# Breeding ammanos?



## shift (Dec 21, 2012)

Have any of you guys even successful with breeding ammanos and raising the zeos up to shrimps?

I have a berried one in my main tank and am debating if it's worth trying to raise them. From what I read the zeos need to be transfused to brackish to marine water (conflicting salinity levels. 17/33?)

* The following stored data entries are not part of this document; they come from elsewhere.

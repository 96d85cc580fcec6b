-- ===== src/Chat/Room/Runs.antt =====
-- Every run of the server keeps the order of what each client says.
use mathlib.Core.List.{map-append}
use mathlib.Core.Path.{subst}
use aip_pkussm.Prelude.{
  ℕ, ◌≡◌, refl, sym, ◌∙◌, ap, Bool, true, false, some, Option-cases, List-cases, some_inj, inl, inr,
  List, [], ◌∷◌, ◌++◌, append-nil, append_assoc, map, ℤ,
}
use aip_pkussm.Net.{Socket, ok, Feeds}
use aip_pkussm.Host.{Disk}
use aip_pkussm.Chat.{Layout}
use aip_pkussm.Chat.Users.{User, Cmsg}
use aip_pkussm.Chat.Users.Table.{IsStray, fd_of}
use aip_pkussm.Chat.Dispatch.{Send, loop_dispatch}
use aip_pkussm.Chat.Client.{Me}
use aip_pkussm.Chat.Pipe.{close_fifo}
use aip_pkussm.Chat.Server.{Leftover, Process, registered, clithread}
use aip_pkussm.Chat.Session.{IsUser, state_eq}
use aip_pkussm.Chat.Texts.{Text, AreFor, bytes_of, all_bytes, sends_for}
use aip_pkussm.Chat.Texts.Served.{thread_step, dispatch_step, dispatch_nothing}
use aip_pkussm.Chat.Texts.Ended.{thread_end}
use aip_pkussm.Chat.Room.{Server, process_of, worked, Step, handles, dispatches, Reach, here, next}
use aip_pkussm.Chat.Room.Order.{
  Tagged, text_of, Gone, IsLed-append, taken, lost, gone_text, gone_lost, taken_of, taken_of-append,
  taken_of-lost, AreFor-front, AreFor-back, said_by, said_by-append, queued, sends_of,
  sends_of-append, Conserves, reads, AreFor-append,
}

-- Texts that go from the front of the pipe to those that left it.
said_by-moved :
    (j : ℕ) (moved done rest : List Tagged) (ts : List Text)
    → said_by j (done ++ moved) ++ (said_by j rest ++ ts)
      ≡ said_by j done ++ (said_by j (moved ++ rest) ++ ts)
said_by-moved j moved done rest ts =
    ap (λ l. l ++ (said_by j rest ++ ts)) (said_by-append j done moved)
    ∙ append_assoc (said_by j done) (said_by j moved) (said_by j rest ++ ts)
    ∙ ap (λ l. said_by j done ++ l)
        (sym (append_assoc (said_by j moved) (said_by j rest) ts)
          ∙ ap (λ l. l ++ ts) (sym (said_by-append j moved rest)))

-- What a log says when a text is taken and others are lost.
log_taken :
    (log : List Gone) (x : Tagged) (gone : List Tagged)
    → map gone_text (log ++ (taken x ∷ map lost gone)) ≡ map gone_text log ++ (x ∷ gone)
log_taken log x gone =
    map-append gone_text log (taken x ∷ map lost gone)
    ∙ ap (λ l. map gone_text log ++ (x ∷ l)) (gone_lost gone)

taken_one :
    (log : List Gone) (x : Tagged) (gone : List Tagged)
    → taken_of (log ++ (taken x ∷ map lost gone)) ≡ taken_of log ++ (x ∷ [])
unfolding taken_of
taken_one log x gone =
    taken_of-append log (taken x ∷ map lost gone)
    ∙ ap (λ l. taken_of log ++ (x ∷ l)) (taken_of-lost gone)

module _ (k : Socket) (f : Feeds k) (d : Disk) (w : Layout) (c : Cmsg) (left : Leftover)
    (connfds : ℕ → ℤ) (me : ℕ → Me) (texts : ℕ → List Text) (users : List User)
    (member : (i : ℕ) → IsUser (me i)) (stray : IsStray c left.stack)
    (over : (s : k.State) (n : ℕ) → f.pending s ≡ [] → (k.recv s n).0 ≡ some []) where
  abbrev Good : Server k d w c left connfds → Type 0
  Good s = Conserves k f d w c left connfds me texts users s

  -- What the dispatcher leaves of a server.
  abbrev left_by :
      Server k d w c left connfds → List Send × List ℕ × List User → Server k d w c left connfds
  left_by s (sends, fifo, table) = record s { users = table; fifo = fifo; sends = s.sends ++ sends }

  -- The dispatcher takes the first text of the pipe, and others behind it may be lost.
  sends_first :
      (s : Server k d w c left connfds) (v : Good s) (i : ℕ) (t : Text) (gone kept : List Tagged)
      → v.queue ≡ (i, t) ∷ (gone ++ kept)
      → Good (left_by s (sends_for w (me i) users (t ∷ []), queued w me kept, users))
  unfolding sends_of
  sends_first s v i t gone kept first =
      let known : AreFor users (t ∷ map text_of (gone ++ kept)) =
        subst (λ q. AreFor users (map text_of q)) first v.queue_known in
      let split : AreFor users (map text_of gone ++ map text_of kept) =
        subst (AreFor users) (map-append text_of gone kept) known.5 in
      let front = AreFor-front users (map text_of gone) (map text_of kept) split in
      let one : AreFor users (t ∷ map text_of gone) =
        (known.0, known.1, known.2, known.3, known.4, front) in
      record {
        log = v.log ++ (taken (i, t) ∷ map lost gone);
        queue = kept;
        unread = v.unread;
        sent =
            ap (λ l. l ++ sends_for w (me i) users (t ∷ [])) v.sent
            ∙ sym (
                ap (sends_of w me users) (taken_one v.log (i, t) gone)
                ∙ sends_of-append w me users (taken_of v.log) ((i, t) ∷ [])
                ∙ ap (λ l. sends_of w me users (taken_of v.log) ++ l)
                    (append-nil (sends_for w (me i) users (t ∷ []))));
        in_pipe = refl;
        pending = v.pending;
        same_users = refl;
        in_order = λ j.
            ap (λ l. said_by j l ++ (said_by j kept ++ v.unread j)) (log_taken v.log (i, t) gone)
            ∙ said_by-moved j ((i, t) ∷ gone) (map gone_text v.log) kept (v.unread j)
            ∙ ap (λ q. said_by j (map gone_text v.log) ++ (said_by j q ++ v.unread j)) (sym first)
            ∙ v.in_order j;
        led = IsLed-append v.log (i, t) (map lost gone) v.led;
        log_known =
            subst (λ l. AreFor users (map text_of l)) (sym (log_taken v.log (i, t) gone))
              (subst (AreFor users) (sym (map-append text_of (map gone_text v.log) ((i, t) ∷ gone)))
                (AreFor-append users (map text_of (map gone_text v.log)) (t ∷ map text_of gone)
                  v.log_known one));
        queue_known = AreFor-back users (map text_of gone) (map text_of kept) split;
        unread_known = v.unread_known;
      }

  -- One turn of the dispatcher with a text in the pipe.
  dispatched :
      (s : Server k d w c left connfds) (v : Good s) (i : ℕ) (t : Text) (rest : List Tagged)
      (held : Bool)
      → v.queue ≡ (i, t) ∷ rest
      → loop_dispatch c left.stack w (λ n. held) 1 s.fifo s.users
        ≡ some (sends_for w (me i) users (t ∷ []), close_fifo w held (queued w me rest), users)
  unfolding queued loop_dispatch sends_for
  dispatched s v i t rest held first =
      let known : AreFor users (t ∷ map text_of rest) =
        subst (λ q. AreFor users (map text_of q)) first v.queue_known in
      let bytes : s.fifo ≡ bytes_of w (me i) t ++ queued w me rest =
        v.in_pipe ∙ ap (queued w me) first in
      elim (Option-cases (fd_of users t.id)) [
        | inl e ↦ absurd (known.4 e)
        | inr (fd, e) ↦
            rw (bytes, v.same_users)
              (dispatch_step w c left.stack (me i) (member i) stray users (λ n. held) t
                  (queued w me rest) 0 fd known.1 known.2 known.3 e
                ∙ rw (sends_for, e) refl)
      ]

  -- A turn with a text in the pipe, that leaves the others there or discards them.
  first_taken :
      (s : Server k d w c left connfds) (v : Good s) (i : ℕ) (t : Text) (rest : List Tagged)
      (held : Bool)
      → v.queue ≡ (i, t) ∷ rest
      → Good (
          left_by s
            (sends_for w (me i) users (t ∷ []), close_fifo w held (queued w me rest), users))
  unfolding queued
  first_taken s v i t rest true first = sends_first s v i t [] rest first
  first_taken s v i t rest false first =
      sends_first s v i t rest [] (first ∙ ap (λ l. (i, t) ∷ l) (sym (append-nil rest)))

  turn_kept :
      (s : Server k d w c left connfds) (v : Good s) (i : ℕ) (q : Process k d)
      → clithread k d w c left registered (connfds i) 1 (process_of k d w c left connfds s i)
        ≡ ok true q
      → Good (worked k d w c left connfds s i q)
  unfolding clithread
  turn_kept s v i q e =
      let p = process_of k d w c left connfds s i in
      elim (List-cases (v.unread i)) [
        | inl nothing ↦
            let (r, ended, same_fifo, same_users) =
              thread_end k f d w c left (connfds i) p
                (v.pending i ∙ ap (all_bytes w (me i)) nothing) over in
            absurd cc
        | inr (t, ts, first) ↦
            let known : AreFor users (t ∷ ts) = subst (AreFor users) first (v.unread_known i) in
            let (u, turn, rest) =
              thread_step k f d w c left (connfds i) (me i) (member i) t (all_bytes w (me i) ts) p 0
                known.0 known.1 known.2 refl (v.pending i ∙ ap (all_bytes w (me i)) first) in
            subst (λ x. Good (worked k d w c left connfds s i x)) (state_eq (sym turn ∙ e))
              (reads k f d w c left connfds me texts users member stray over s v i t ts u first
                rest)
      ]

  dispatch_kept :
      (s : Server k d w c left connfds) (v : Good s) (held : Bool)
      (result : List Send × List ℕ × List User)
      → loop_dispatch c left.stack w (λ n. held) 1 s.fifo s.users ≡ some result
      → Good (left_by s result)
  unfolding queued
  dispatch_kept s v held result e = elim (List-cases v.queue) [
    | inl nothing ↦
        let bytes : s.fifo ≡ [] = v.in_pipe ∙ ap (queued w me) nothing in
        let same : result ≡ ([], [], s.users) = some_inj (
          sym e
          ∙ ap (λ x. loop_dispatch c left.stack w (λ n. held) 1 x s.users) bytes
          ∙ dispatch_nothing c left.stack w (λ n. held) s.users) in
        subst (λ x. Good (left_by s x)) (sym same)
          (record {
            log = v.log;
            queue = v.queue;
            unread = v.unread;
            sent = append-nil s.sends ∙ v.sent;
            in_pipe = sym (ap (queued w me) nothing);
            pending = v.pending;
            same_users = v.same_users;
            in_order = v.in_order;
            led = v.led;
            log_known = v.log_known;
            queue_known = v.queue_known;
            unread_known = v.unread_known;
          })
    | inr ((i, t), rest, first) ↦
        subst (λ x. Good (left_by s x)) (some_inj (sym (dispatched s v i t rest held first) ∙ e))
          (first_taken s v i t rest held first)
  ]

  Step-Conserves :
      {s t : Server k d w c left connfds} → Step k d w c left connfds s t → Good s → Good t
  Step-Conserves {s = s} (handles i q e) v = turn_kept s v i q e
  Step-Conserves {s = s} (dispatches held sends fifo table e) v =
      dispatch_kept s v held (sends, fifo, table) e

  -- In every order of the turns, from a start with an empty pipe where each client's thread is handed
  -- the bytes of its texts (each of 1 to 511 bytes and for an id other than 0 of which the table has
  -- a connection), at whose end its connection closes, and where the control block on the stack does
  -- not look like one with a descriptor: the texts of each client are, in its order and each once,
  -- those that left the pipe, those in the pipe, and those that its thread has not read. Of those
  -- that left the pipe the dispatcher took the first and some others, and the rest were discarded;
  -- what it has sent is one send for each text that it took, to the connection that the table has
  -- for its id, and nothing else. The table is as it was.
  pub Reach-Conserves :
      (s t : Server k d w c left connfds)
      → s.sends ≡ []
      → s.fifo ≡ []
      → s.users ≡ users
      → ((i : ℕ) → f.pending (s.links i) ≡ all_bytes w (me i) (texts i))
      → ((i : ℕ) → AreFor users (texts i))
      → Reach k d w c left connfds s t
      → Good t
  unfolding sends_of queued said_by taken_of
  Reach-Conserves s t none_sent empty same heard known r = kept r
    where
      start : Good s
      start = record {
        log = [];
        queue = [];
        unread = texts;
        sent = none_sent;
        in_pipe = empty;
        pending = heard;
        same_users = same;
        in_order = λ i. refl;
        led = tt;
        log_known = tt;
        queue_known = tt;
        unread_known = known;
      }

      kept : {u : Server k d w c left connfds} → Reach k d w c left connfds s u → Good u
      kept here = start
      kept (next q st) = Step-Conserves st (kept q)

Has anyone on here had success raising them?


----------



## greenfin (Nov 4, 2013)

Does berried mean a female carrying eggs? I get them too. Curious to see if you give this a try. Bet you could do it! (full of confidence--that's me)


----------



## shift (Dec 21, 2012)

Berried = eggs. I read it's doable but a lot of work to be successful!


----------



## shift (Dec 21, 2012)




----------



## Steven (Mar 23, 2014)

So...do you have any updates on this? did you try it out?


----------



## TigerOscar (Sep 10, 2012)

I may take a stab at this.
This guy seems to have had success breeding them. Salinity after hatching between 30-35 ppt is desired.
Breeding Yamato (Amano) shrimp | Mikes Whatever


----------



## liquid_krystale (Dec 13, 2011)

That's pretty cool. My female was frequently berried but of course I never saw any little ones hatch out in my tetra-filled community tank.


----------



## Momobobo (Sep 28, 2010)

TigerOscar said:


> I may take a stab at this.
> This guy seems to have had success breeding them. Salinity after hatching between 30-35 ppt is desired.
> Breeding Yamato (Amano) shrimp | Mikes Whatever


Very cool article, not nearly as hard as I thought. Maybe should have tried when I had two large females that went berried almost constantly...


----------



## nigerian prince (Mar 8, 2013)

a very interesting topic, im guessing amanos are worth between $2-4 , so im guessing its not too difficult 
cost benefit analysis i guess, please share your story if you make a go of it


----------



## TigerOscar (Sep 10, 2012)

He also emphasized that diatom algae was an important feeding method. Anyone able to produce and distribute?


----------



## shift (Dec 21, 2012)

I did try it out and they lived for about two weeks then bit the dust. Will try again next time I see eggs


----------